Problem requirements:
Take every line from the listing below that contains "none".
━━ Exercise materials ━━
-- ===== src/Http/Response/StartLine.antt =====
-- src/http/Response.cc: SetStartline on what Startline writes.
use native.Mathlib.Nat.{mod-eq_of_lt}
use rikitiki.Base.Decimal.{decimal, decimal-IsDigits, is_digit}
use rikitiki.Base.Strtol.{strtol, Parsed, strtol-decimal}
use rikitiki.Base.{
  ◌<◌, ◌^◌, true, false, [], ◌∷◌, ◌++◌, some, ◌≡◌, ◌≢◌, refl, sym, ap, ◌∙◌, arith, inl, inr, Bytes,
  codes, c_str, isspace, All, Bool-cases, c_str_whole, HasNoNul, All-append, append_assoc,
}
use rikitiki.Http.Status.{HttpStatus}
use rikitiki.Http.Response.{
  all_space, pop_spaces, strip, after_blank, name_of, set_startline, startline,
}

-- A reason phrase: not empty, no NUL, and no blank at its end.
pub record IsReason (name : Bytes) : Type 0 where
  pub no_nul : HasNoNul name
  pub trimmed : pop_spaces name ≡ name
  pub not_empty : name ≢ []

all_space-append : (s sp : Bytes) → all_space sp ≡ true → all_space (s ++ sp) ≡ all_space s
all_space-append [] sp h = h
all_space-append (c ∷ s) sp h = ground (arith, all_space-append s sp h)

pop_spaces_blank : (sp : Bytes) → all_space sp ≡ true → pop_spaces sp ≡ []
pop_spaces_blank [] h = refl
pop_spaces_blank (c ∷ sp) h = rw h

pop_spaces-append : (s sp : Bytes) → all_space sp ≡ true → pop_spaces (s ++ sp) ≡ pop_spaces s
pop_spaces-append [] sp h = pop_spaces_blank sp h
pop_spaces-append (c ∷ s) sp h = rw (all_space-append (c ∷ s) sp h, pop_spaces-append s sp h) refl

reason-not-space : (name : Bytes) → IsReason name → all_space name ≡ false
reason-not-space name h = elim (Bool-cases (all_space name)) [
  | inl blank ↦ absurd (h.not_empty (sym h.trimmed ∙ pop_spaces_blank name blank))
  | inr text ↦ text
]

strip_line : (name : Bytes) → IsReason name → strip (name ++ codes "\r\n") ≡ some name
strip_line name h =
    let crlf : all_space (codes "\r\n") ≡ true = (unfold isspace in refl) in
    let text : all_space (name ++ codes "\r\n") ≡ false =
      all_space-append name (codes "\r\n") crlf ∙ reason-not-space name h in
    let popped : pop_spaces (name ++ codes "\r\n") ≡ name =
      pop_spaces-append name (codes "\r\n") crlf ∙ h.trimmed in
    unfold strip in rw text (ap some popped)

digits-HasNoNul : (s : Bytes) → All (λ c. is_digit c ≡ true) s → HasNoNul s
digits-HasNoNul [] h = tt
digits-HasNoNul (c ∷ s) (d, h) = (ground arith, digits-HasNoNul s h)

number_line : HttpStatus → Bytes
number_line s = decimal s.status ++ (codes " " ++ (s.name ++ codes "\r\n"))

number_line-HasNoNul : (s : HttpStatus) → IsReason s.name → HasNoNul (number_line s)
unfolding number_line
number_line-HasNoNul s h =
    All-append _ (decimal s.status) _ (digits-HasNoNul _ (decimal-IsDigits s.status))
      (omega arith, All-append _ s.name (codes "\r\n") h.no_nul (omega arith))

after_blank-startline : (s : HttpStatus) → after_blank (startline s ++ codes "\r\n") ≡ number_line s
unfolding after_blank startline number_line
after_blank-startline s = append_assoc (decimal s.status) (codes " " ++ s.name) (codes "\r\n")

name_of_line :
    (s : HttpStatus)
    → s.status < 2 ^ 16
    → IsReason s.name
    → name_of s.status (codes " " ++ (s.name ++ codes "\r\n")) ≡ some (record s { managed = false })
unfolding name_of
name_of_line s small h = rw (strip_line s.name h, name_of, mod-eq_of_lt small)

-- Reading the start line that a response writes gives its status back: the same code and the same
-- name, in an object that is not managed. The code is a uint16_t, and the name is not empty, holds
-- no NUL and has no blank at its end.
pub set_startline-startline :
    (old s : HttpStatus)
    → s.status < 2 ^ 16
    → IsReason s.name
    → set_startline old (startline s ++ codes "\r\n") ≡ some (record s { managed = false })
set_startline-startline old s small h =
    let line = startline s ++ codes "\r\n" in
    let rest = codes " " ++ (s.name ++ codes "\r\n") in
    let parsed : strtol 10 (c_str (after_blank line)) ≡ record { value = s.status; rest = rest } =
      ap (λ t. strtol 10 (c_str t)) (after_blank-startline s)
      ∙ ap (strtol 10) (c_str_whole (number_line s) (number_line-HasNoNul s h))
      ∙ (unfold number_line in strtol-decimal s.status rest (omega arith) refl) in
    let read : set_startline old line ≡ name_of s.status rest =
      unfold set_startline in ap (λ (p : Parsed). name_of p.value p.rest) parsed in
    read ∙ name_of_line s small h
━━━
━━ Exercise materials ━━
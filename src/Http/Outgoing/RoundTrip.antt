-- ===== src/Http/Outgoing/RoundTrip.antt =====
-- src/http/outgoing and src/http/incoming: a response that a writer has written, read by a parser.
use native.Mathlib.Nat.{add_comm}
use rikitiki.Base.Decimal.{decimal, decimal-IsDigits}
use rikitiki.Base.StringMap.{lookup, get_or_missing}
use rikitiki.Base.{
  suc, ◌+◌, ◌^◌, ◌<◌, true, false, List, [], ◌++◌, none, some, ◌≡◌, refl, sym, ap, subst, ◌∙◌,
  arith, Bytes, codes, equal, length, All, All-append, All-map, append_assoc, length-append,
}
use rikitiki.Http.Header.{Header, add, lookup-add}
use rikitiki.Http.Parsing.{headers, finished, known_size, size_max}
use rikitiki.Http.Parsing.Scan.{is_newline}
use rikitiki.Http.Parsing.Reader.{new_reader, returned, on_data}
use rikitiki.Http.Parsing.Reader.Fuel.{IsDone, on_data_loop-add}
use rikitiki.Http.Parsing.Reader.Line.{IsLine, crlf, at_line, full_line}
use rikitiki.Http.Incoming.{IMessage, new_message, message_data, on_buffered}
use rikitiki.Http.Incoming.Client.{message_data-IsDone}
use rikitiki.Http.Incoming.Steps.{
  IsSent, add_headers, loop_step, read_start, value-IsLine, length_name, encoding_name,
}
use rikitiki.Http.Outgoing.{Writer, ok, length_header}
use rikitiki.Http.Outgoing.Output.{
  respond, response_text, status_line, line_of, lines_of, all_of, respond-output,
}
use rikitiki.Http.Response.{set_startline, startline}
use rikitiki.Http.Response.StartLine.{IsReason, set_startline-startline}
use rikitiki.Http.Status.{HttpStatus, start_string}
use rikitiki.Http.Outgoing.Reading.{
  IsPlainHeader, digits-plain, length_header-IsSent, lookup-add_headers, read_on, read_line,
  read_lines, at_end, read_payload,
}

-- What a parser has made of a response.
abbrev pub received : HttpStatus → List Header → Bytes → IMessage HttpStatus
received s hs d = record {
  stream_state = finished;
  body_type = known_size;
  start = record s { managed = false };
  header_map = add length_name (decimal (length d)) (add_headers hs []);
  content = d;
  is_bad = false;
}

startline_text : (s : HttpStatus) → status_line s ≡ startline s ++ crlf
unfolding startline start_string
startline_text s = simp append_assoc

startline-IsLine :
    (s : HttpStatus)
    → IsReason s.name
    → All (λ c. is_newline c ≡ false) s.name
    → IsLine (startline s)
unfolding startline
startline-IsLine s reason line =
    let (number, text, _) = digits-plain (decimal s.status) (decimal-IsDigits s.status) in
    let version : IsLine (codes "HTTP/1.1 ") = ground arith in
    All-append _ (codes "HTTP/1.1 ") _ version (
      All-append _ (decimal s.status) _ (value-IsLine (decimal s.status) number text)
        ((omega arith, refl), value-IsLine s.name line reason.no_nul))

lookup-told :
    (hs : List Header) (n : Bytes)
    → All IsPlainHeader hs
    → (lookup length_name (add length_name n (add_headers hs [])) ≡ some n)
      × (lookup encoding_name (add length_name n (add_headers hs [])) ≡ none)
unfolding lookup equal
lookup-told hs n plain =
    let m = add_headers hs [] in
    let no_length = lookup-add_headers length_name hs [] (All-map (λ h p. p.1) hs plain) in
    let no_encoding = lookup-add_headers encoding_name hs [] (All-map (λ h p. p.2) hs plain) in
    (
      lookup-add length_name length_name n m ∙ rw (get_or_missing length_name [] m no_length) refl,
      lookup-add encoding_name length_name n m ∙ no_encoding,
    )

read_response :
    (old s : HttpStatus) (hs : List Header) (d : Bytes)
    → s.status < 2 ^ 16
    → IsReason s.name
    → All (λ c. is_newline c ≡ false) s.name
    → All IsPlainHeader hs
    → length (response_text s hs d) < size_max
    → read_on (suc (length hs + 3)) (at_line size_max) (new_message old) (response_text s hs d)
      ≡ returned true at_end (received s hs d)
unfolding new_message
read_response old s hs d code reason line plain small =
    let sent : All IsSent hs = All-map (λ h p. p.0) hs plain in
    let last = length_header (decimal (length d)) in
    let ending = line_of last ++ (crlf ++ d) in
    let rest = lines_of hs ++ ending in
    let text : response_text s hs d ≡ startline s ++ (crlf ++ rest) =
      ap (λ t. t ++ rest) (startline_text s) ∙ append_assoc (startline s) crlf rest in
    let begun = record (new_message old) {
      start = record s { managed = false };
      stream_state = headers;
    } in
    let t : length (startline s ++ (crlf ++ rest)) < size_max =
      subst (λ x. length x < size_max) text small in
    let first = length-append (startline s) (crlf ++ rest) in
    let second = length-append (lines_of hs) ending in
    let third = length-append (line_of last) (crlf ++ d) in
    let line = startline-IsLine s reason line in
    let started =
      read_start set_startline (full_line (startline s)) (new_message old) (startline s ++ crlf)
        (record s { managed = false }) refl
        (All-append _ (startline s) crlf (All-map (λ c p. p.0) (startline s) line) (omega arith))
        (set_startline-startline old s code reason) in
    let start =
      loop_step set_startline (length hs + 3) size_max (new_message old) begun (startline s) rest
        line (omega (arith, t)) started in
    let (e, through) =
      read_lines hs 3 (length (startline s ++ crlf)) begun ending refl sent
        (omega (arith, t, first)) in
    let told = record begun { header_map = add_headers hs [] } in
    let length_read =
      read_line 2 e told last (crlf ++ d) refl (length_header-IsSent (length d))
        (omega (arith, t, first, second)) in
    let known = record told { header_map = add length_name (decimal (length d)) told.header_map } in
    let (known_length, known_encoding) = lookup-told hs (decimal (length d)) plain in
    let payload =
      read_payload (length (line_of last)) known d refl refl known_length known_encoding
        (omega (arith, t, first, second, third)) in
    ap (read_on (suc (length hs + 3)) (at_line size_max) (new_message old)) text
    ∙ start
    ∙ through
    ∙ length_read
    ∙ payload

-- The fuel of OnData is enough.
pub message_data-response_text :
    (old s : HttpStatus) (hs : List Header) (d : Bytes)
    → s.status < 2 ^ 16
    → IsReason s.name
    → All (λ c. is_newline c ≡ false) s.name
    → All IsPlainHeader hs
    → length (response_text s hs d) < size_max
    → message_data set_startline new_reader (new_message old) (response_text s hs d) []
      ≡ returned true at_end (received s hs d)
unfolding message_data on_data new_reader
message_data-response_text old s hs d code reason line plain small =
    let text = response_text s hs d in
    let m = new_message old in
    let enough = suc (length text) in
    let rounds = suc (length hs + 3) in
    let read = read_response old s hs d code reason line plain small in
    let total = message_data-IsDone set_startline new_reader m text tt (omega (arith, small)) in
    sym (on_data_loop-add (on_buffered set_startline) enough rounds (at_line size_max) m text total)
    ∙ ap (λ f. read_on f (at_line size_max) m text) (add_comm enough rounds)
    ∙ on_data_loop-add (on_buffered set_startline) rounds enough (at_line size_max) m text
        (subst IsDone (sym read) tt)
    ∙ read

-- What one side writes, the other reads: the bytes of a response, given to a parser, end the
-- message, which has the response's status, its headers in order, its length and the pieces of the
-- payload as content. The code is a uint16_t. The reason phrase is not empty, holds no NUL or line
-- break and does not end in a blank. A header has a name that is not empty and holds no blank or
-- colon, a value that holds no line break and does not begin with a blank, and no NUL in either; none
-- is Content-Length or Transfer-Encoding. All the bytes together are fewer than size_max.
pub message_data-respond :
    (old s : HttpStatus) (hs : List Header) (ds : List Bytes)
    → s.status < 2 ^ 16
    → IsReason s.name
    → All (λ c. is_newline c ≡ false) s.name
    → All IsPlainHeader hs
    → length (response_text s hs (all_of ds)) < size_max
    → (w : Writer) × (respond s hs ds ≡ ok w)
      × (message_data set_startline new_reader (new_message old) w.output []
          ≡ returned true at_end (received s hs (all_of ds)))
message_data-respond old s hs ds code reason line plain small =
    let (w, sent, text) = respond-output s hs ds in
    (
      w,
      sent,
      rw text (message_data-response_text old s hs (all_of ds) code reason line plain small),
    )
━━━
Task result:
  suc, ◌+◌, ◌^◌, ◌<◌, true, false, List, [], ◌++◌, none, some, ◌≡◌, refl, sym, ap, subst, ◌∙◌,
      × (lookup encoding_name (add length_name n (add_headers hs [])) ≡ none)
-- colon, a value that holds no line break and does not begin with a blank, and no NUL in either; none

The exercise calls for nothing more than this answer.